◆ Exercise requirements: Here is the task for the records below: repeat exactly the lines from the one with "pub image : TransactionInfo → Bytes → Bytes" to the one with "p (image t rest)", both included, and nothing else.

━━ Data shown ━━

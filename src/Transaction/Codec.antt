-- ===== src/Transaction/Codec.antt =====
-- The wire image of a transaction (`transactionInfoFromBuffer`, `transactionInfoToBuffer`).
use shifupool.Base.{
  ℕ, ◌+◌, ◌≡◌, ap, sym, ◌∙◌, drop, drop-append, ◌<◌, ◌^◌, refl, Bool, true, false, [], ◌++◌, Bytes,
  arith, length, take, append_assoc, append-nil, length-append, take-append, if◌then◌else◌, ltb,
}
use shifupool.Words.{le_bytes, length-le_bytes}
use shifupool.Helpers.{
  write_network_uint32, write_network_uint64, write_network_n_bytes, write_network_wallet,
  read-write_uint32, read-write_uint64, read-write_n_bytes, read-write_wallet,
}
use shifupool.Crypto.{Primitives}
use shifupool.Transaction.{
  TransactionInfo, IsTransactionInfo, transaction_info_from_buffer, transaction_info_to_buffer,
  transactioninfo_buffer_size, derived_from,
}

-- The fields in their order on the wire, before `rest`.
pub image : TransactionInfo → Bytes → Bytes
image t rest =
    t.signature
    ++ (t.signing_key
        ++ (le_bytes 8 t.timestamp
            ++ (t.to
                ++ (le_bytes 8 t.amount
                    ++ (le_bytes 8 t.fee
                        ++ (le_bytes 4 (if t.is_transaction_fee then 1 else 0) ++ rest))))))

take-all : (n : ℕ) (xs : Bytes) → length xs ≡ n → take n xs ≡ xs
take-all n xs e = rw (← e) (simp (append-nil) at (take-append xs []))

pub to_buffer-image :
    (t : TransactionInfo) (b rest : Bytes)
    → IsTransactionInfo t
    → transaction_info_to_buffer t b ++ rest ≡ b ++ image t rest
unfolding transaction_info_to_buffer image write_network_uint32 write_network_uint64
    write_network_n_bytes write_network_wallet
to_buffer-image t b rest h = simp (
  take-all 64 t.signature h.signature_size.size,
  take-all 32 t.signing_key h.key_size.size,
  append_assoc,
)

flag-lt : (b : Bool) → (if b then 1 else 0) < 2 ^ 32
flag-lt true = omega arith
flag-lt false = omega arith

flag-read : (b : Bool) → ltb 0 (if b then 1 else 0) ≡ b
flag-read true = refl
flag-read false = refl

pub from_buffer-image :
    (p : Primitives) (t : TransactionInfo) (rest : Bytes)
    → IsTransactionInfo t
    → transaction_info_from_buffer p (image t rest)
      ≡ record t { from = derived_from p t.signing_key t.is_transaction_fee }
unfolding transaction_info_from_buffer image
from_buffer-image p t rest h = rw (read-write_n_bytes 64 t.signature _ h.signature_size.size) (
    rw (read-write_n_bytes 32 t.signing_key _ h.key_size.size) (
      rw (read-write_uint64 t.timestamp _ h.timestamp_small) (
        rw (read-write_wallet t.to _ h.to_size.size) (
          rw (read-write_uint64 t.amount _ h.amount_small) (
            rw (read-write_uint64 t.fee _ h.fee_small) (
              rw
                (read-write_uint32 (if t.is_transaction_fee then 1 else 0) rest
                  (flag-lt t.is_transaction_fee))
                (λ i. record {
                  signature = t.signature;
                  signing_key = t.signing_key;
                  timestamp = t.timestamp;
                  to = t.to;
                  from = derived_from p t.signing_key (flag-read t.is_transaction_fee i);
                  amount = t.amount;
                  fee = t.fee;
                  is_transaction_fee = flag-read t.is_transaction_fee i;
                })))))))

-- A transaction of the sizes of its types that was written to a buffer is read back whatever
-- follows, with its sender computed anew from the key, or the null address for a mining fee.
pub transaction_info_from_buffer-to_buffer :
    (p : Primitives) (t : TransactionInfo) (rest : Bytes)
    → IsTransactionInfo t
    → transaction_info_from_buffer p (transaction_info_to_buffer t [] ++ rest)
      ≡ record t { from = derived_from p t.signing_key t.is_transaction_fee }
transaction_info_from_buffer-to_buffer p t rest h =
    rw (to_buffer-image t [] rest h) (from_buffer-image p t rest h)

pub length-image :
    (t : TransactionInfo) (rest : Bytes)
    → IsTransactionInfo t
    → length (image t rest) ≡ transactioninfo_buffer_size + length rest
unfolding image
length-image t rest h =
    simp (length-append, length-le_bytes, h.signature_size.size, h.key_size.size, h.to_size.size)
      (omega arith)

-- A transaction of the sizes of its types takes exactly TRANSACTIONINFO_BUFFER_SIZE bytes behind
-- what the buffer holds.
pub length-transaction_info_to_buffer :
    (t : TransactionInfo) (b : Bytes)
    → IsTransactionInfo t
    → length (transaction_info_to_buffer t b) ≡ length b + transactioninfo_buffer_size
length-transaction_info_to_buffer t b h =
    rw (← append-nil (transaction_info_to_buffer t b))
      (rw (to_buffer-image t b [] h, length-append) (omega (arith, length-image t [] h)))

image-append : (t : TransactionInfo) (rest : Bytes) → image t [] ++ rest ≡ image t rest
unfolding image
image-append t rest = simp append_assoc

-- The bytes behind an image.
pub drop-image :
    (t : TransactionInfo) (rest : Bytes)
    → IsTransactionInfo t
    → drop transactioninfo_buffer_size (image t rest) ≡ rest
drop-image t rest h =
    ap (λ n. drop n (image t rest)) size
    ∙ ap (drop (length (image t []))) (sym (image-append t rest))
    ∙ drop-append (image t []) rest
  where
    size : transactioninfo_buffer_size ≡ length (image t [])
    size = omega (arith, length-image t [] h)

━━━
━━ Data shown ━━

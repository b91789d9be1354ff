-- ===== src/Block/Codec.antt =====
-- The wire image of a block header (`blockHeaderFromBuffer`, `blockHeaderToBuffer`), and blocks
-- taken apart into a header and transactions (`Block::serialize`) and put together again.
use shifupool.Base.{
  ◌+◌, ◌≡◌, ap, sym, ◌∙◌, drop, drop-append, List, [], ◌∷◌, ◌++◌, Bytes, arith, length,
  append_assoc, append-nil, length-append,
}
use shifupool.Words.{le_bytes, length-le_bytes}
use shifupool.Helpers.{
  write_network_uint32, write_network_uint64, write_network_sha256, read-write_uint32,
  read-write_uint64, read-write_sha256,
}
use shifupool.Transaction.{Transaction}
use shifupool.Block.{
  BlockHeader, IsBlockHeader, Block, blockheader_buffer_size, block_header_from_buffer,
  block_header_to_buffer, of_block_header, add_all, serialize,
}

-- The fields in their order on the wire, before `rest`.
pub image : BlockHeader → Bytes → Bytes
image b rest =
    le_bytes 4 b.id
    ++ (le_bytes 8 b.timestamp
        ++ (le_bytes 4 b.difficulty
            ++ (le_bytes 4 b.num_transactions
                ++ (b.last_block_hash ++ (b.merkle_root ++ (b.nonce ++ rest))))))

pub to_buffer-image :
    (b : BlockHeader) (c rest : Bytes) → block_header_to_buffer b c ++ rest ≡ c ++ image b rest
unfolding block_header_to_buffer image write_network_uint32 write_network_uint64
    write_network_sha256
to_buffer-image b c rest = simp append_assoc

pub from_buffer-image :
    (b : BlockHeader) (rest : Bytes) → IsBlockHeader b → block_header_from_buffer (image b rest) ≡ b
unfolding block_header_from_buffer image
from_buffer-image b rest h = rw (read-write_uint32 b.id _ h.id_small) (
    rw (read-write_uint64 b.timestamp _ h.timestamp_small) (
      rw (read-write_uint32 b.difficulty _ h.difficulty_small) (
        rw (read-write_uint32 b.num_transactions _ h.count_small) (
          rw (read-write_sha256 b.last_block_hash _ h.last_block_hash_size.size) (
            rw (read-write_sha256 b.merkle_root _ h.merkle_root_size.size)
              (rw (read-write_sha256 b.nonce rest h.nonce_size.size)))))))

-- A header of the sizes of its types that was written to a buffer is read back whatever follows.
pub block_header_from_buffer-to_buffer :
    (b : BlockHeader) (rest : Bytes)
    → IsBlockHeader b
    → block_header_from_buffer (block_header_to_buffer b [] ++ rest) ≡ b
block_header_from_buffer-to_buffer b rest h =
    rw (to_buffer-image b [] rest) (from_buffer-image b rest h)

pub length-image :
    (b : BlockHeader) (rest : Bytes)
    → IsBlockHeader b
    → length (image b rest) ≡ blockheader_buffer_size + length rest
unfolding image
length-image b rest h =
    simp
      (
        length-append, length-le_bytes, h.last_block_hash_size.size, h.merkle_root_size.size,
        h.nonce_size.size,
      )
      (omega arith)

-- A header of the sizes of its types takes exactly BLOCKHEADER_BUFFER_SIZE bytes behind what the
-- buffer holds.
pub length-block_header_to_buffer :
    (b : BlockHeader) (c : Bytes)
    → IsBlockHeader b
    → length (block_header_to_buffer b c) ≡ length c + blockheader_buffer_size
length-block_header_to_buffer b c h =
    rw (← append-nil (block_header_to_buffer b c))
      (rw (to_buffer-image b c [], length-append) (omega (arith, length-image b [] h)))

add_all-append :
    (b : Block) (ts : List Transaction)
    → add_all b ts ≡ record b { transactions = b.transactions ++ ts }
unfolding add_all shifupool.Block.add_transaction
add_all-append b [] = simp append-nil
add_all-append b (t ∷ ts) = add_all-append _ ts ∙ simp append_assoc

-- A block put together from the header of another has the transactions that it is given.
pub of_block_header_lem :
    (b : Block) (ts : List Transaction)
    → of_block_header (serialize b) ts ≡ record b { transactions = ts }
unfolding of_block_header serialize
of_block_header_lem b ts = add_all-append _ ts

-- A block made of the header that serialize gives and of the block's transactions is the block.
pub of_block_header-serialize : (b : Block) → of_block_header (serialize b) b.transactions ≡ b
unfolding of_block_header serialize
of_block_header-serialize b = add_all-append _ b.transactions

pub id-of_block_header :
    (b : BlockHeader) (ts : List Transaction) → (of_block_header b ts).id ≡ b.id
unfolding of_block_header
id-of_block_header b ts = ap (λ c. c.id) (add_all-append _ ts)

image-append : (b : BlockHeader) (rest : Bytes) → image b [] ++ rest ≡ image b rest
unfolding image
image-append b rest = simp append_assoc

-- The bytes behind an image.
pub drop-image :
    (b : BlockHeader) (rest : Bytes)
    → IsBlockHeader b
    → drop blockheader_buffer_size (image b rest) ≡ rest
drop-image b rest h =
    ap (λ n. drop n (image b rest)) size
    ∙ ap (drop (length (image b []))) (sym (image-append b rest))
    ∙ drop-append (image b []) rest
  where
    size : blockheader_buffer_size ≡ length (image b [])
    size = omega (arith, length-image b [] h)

━━━

◆ Your solution:
pub image : TransactionInfo → Bytes → Bytes
image t rest =
    t.signature
    ++ (t.signing_key
        ++ (le_bytes 8 t.timestamp
            ++ (t.to
                ++ (le_bytes 8 t.amount
                    ++ (le_bytes 8 t.fee
                        ++ (le_bytes 4 (if t.is_transaction_fee then 1 else 0) ++ rest))))))

take-all : (n : ℕ) (xs : Bytes) → length xs ≡ n → take n xs ≡ xs
take-all n xs e = rw (← e) (simp (append-nil) at (take-append xs []))

pub to_buffer-image :
    (t : TransactionInfo) (b rest : Bytes)
    → IsTransactionInfo t
    → transaction_info_to_buffer t b ++ rest ≡ b ++ image t rest
unfolding transaction_info_to_buffer image write_network_uint32 write_network_uint64
    write_network_n_bytes write_network_wallet
to_buffer-image t b rest h = simp (
  take-all 64 t.signature h.signature_size.size,
  take-all 32 t.signing_key h.key_size.size,
  append_assoc,
)

flag-lt : (b : Bool) → (if b then 1 else 0) < 2 ^ 32
flag-lt true = omega arith
flag-lt false = omega arith

flag-read : (b : Bool) → ltb 0 (if b then 1 else 0) ≡ b
flag-read true = refl
flag-read false = refl

pub from_buffer-image :
    (p : Primitives) (t : TransactionInfo) (rest : Bytes)
    → IsTransactionInfo t
    → transaction_info_from_buffer p (image t rest)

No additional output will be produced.